+++ Records for this exercise +++

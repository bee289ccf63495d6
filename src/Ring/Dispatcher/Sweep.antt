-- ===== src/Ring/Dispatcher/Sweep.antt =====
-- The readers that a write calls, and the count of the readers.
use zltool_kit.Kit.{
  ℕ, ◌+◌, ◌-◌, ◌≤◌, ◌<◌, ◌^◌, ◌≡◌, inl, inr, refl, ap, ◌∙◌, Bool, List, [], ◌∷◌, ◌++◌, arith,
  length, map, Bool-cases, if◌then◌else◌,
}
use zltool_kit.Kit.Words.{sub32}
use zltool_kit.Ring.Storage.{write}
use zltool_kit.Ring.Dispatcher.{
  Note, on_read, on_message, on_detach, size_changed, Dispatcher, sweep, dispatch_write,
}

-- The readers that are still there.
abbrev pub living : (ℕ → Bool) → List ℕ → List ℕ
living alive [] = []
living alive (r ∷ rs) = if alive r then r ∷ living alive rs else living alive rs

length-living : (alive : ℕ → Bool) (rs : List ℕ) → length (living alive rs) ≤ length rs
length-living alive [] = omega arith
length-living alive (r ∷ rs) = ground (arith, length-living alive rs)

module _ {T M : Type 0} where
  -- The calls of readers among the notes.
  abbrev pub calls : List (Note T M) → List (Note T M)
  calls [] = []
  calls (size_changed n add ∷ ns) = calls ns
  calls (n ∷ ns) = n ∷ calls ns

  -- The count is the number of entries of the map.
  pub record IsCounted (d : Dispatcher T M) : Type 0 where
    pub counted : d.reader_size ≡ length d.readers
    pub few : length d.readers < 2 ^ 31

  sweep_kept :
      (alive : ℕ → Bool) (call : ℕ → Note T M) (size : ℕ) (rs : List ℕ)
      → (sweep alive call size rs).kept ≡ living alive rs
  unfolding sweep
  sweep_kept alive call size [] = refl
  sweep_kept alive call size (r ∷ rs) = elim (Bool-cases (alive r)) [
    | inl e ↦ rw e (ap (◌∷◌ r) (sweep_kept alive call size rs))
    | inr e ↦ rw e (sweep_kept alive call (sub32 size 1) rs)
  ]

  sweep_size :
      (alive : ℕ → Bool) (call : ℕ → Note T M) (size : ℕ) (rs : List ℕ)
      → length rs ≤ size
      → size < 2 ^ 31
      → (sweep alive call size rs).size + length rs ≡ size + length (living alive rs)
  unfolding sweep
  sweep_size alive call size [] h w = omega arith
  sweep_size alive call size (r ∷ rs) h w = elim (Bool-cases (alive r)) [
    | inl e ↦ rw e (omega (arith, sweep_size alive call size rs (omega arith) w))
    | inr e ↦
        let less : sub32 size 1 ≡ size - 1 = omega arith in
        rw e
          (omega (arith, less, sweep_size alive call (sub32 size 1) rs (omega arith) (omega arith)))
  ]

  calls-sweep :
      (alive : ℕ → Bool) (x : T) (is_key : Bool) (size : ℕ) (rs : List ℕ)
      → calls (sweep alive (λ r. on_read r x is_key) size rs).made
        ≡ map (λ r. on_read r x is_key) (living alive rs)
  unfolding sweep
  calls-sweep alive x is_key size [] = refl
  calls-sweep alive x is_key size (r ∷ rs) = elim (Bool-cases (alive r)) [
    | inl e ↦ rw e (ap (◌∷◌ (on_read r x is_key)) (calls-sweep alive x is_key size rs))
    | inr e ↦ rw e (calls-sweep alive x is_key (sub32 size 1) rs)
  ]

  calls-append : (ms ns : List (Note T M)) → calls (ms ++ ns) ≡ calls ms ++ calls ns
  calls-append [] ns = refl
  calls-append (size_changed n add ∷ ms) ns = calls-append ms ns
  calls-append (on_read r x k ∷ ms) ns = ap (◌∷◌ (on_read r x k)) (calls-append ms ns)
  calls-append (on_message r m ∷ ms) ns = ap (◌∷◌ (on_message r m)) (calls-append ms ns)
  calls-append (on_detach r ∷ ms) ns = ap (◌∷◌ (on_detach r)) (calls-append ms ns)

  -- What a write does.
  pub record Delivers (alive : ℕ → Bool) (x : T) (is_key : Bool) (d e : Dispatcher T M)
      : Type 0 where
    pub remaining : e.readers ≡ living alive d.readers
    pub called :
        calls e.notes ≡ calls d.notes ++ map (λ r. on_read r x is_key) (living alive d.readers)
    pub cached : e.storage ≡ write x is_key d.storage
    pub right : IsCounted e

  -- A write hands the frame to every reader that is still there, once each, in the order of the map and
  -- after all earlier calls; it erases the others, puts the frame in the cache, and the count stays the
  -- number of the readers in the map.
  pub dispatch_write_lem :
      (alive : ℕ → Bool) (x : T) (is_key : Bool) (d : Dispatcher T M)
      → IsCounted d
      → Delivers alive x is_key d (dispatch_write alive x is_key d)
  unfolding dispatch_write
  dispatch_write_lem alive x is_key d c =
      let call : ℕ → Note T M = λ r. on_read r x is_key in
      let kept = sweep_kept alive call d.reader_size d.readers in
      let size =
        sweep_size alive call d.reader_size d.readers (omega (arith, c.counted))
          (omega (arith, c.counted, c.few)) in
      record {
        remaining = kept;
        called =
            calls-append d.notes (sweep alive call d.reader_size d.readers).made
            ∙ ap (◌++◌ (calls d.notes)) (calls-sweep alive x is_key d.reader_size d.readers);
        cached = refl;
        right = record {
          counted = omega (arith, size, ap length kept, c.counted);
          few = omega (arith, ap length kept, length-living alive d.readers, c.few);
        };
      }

+++
+++ Records for this exercise +++

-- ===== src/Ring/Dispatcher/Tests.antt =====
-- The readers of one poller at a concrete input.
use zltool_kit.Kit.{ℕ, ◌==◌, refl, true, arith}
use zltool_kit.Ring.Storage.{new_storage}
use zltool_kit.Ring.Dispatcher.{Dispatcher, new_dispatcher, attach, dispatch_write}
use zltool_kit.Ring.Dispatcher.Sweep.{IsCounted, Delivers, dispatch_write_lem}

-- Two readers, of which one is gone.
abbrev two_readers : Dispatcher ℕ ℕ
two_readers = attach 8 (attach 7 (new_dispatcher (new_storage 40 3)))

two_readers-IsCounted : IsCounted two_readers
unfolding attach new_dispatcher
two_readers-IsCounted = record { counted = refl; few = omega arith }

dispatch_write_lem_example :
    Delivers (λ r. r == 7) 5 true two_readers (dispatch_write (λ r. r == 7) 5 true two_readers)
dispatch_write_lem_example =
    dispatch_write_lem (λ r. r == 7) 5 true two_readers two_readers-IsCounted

+++
+++ Records for this exercise +++

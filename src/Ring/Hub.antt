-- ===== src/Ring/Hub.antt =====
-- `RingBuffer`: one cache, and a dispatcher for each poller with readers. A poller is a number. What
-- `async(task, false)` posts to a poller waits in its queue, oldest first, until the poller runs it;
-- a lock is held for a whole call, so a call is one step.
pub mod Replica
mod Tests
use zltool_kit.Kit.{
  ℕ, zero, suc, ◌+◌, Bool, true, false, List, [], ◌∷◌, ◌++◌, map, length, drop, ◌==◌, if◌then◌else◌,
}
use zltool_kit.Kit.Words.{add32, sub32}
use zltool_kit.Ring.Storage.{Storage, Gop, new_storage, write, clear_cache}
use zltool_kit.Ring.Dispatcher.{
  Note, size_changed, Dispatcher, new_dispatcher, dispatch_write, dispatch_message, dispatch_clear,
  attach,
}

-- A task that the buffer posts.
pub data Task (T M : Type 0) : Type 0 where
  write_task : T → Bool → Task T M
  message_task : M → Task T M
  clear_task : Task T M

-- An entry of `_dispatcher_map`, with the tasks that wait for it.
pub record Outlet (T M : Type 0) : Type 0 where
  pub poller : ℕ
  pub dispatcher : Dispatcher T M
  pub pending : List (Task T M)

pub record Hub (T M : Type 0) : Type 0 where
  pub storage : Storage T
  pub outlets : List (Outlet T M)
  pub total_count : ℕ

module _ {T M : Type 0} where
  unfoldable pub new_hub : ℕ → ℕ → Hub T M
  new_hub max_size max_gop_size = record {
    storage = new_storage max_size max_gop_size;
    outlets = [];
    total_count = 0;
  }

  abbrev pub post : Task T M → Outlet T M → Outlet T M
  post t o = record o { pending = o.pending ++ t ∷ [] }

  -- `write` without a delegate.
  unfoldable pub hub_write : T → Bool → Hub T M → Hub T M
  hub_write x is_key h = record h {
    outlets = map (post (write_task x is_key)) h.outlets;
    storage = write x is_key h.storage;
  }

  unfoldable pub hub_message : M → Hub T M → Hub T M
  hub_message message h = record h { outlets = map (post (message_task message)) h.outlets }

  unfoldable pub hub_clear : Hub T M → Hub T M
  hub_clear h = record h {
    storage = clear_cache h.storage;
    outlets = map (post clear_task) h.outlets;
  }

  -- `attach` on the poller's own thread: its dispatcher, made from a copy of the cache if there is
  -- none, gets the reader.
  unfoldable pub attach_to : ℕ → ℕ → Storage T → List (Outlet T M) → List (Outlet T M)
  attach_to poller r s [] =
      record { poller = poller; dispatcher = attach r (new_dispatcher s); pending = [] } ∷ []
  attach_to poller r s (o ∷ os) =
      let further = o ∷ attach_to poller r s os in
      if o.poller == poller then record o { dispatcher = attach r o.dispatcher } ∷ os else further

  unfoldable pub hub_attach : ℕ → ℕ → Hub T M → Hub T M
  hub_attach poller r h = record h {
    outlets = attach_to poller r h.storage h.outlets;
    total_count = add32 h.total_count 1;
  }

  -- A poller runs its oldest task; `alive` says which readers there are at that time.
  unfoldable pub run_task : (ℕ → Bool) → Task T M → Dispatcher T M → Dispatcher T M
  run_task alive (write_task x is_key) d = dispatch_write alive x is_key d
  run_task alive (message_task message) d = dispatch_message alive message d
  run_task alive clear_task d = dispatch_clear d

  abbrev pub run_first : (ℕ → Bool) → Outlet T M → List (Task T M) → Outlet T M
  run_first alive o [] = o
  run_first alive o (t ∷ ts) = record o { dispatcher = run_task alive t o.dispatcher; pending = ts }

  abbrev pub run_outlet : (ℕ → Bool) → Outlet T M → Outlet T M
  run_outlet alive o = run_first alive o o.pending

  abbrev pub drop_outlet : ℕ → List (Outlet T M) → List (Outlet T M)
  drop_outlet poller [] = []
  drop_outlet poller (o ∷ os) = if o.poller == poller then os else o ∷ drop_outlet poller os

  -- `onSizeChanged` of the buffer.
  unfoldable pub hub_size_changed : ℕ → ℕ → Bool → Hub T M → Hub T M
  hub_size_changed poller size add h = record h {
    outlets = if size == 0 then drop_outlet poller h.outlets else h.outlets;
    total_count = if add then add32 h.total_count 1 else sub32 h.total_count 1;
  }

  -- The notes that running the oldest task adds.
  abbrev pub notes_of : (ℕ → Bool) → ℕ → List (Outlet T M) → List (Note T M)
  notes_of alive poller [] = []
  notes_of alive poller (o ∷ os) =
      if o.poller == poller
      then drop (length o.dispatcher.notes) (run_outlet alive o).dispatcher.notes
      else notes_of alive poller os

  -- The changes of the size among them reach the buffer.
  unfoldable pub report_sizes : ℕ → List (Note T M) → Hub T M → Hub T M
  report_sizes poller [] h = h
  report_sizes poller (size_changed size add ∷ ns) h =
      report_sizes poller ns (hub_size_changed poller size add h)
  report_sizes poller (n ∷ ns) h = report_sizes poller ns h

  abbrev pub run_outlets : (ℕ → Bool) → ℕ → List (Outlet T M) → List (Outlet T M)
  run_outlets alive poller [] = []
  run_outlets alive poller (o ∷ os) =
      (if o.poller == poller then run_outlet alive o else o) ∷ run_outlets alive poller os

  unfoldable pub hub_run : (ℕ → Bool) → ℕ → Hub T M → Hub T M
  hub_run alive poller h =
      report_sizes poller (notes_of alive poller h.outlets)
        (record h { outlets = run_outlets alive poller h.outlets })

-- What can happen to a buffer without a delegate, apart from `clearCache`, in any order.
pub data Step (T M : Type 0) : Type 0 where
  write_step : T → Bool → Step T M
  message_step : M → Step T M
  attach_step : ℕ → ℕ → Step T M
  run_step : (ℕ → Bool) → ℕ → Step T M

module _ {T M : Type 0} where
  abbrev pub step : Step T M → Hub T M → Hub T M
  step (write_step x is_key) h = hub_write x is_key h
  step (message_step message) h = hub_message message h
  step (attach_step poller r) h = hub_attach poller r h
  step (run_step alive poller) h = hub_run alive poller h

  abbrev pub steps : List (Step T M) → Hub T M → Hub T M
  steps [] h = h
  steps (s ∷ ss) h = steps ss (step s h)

+++

All lines in the data above from the one with "repository bee289ccf63495d6" through the one with "abbrev pub living" must be repeated exactly, and no others.

**Output**.
repository bee289ccf63495d6
filename src/Ring/Dispatcher/Sweep.antt
-- ===== src/Ring/Dispatcher/Sweep.antt =====
-- The readers that a write calls, and the count of the readers.
use zltool_kit.Kit.{
  ℕ, ◌+◌, ◌-◌, ◌≤◌, ◌<◌, ◌^◌, ◌≡◌, inl, inr, refl, ap, ◌∙◌, Bool, List, [], ◌∷◌, ◌++◌, arith,
  length, map, Bool-cases, if◌then◌else◌,
}
use zltool_kit.Kit.Words.{sub32}
use zltool_kit.Ring.Storage.{write}
use zltool_kit.Ring.Dispatcher.{
  Note, on_read, on_message, on_detach, size_changed, Dispatcher, sweep, dispatch_write,
}

-- The readers that are still there.
abbrev pub living : (ℕ → Bool) → List ℕ → List ℕ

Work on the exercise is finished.